When you output the entries, begin with the first line and end with the line containing "abbrev works : Fcntl", keeping each line exactly as it is.

**Stored items from a collection**
#####

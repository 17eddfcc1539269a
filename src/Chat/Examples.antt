-- ===== src/Chat/Examples.antt =====
-- Descriptors 4 and 5 join, 4 leaves, and 5 says hello. The listening socket is 3.
use network_ex.Common.{ℕ, ◌≡◌, refl, true, false, Option, none, some, List, [], ◌∷◌, arith}
use network_ex.Common.Bytes.{Bytes, codes}
use network_ex.Chat.Server.{
  Table, cleared, store, Fcntl, setup_sigio, make_connected_fd, Chat, drop_user, on_input,
  chat_text, Round, step, run,
}
use network_ex.Chat.Broadcast.{texts_to, once}
use network_ex.Chat.Client.{Turn, Relayed, client_loop}
use network_ex.Chat.Relay.{received, typed, IsRelay, client_relays}
use network_ex.Chat.Members.{connected, chat_delivers}

abbrev works : Fcntl
works = record { set_flags = true; set_signal = true; set_owner = true }

abbrev join : ℕ → Round
join fd = record { is_rtmin = true; si_fd = 3; accepted = some fd; fcntl = works; input = none }

abbrev says : ℕ → Option Bytes → Round
says fd input = record {
  is_rtmin = true;
  si_fd = fd;
  accepted = none;
  fcntl = works;
  input = input;
}

abbrev history : List Round
history = join 4 ∷ join 5 ∷ says 4 (some []) ∷ []

abbrev table_after : Table
table_after = store (store (store cleared 4 1) 5 1) 4 0

history-run : run 3 cleared history ≡ some table_after
unfolding run step make_connected_fd setup_sigio on_input drop_user
history-run = refl

abbrev hello : Bytes
hello = codes "hello"

chat_delivers_example :
    (chat : Chat) × (step 3 table_after (says 5 (some hello)) ≡ some chat)
    × (chat.user_fds ≡ table_after)
    × ((i : ℕ) → texts_to i chat.outputs ≡ once (connected 3 i false history) (chat_text 5 hello))
chat_delivers_example =
    chat_delivers 3 5 b'h' (codes "ello") history table_after (says 5 (some hello)) history-run refl
      refl (omega arith) refl (omega arith) (omega arith) (omega arith)

-- Three rounds of the client: a line from the server, a line from the keyboard, and the end of the
-- stream while another line is typed.
abbrev client_rounds : List Turn
client_rounds =
    record { from_socket = some (some hello); shows = some 5; from_keyboard = none; sends = none }
    ∷ record {
      from_socket = none;
      shows = none;
      from_keyboard = some (some (codes "hi"));
      sends = some 2;
    }
    ∷ record {
      from_socket = some (some []);
      shows = none;
      from_keyboard = some (some hello);
      sends = some 5;
    }
    ∷ []

client_relays_example :
    (r : Relayed) × (client_loop client_rounds ≡ some r)
    × IsRelay (received client_rounds) (typed client_rounds) r
client_relays_example = client_relays client_rounds (omega arith, (omega arith, (omega arith, tt)))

#####

**SOLUTION FOR THIS EXERCISE**
repository 17eddfcc1539269a
filename src/Chat/Examples.antt
-- ===== src/Chat/Examples.antt =====
-- Descriptors 4 and 5 join, 4 leaves, and 5 says hello. The listening socket is 3.
use network_ex.Common.{ℕ, ◌≡◌, refl, true, false, Option, none, some, List, [], ◌∷◌, arith}
use network_ex.Common.Bytes.{Bytes, codes}
use network_ex.Chat.Server.{
  Table, cleared, store, Fcntl, setup_sigio, make_connected_fd, Chat, drop_user, on_input,
  chat_text, Round, step, run,
}
use network_ex.Chat.Broadcast.{texts_to, once}
use network_ex.Chat.Client.{Turn, Relayed, client_loop}
use network_ex.Chat.Relay.{received, typed, IsRelay, client_relays}
use network_ex.Chat.Members.{connected, chat_delivers}

abbrev works : Fcntl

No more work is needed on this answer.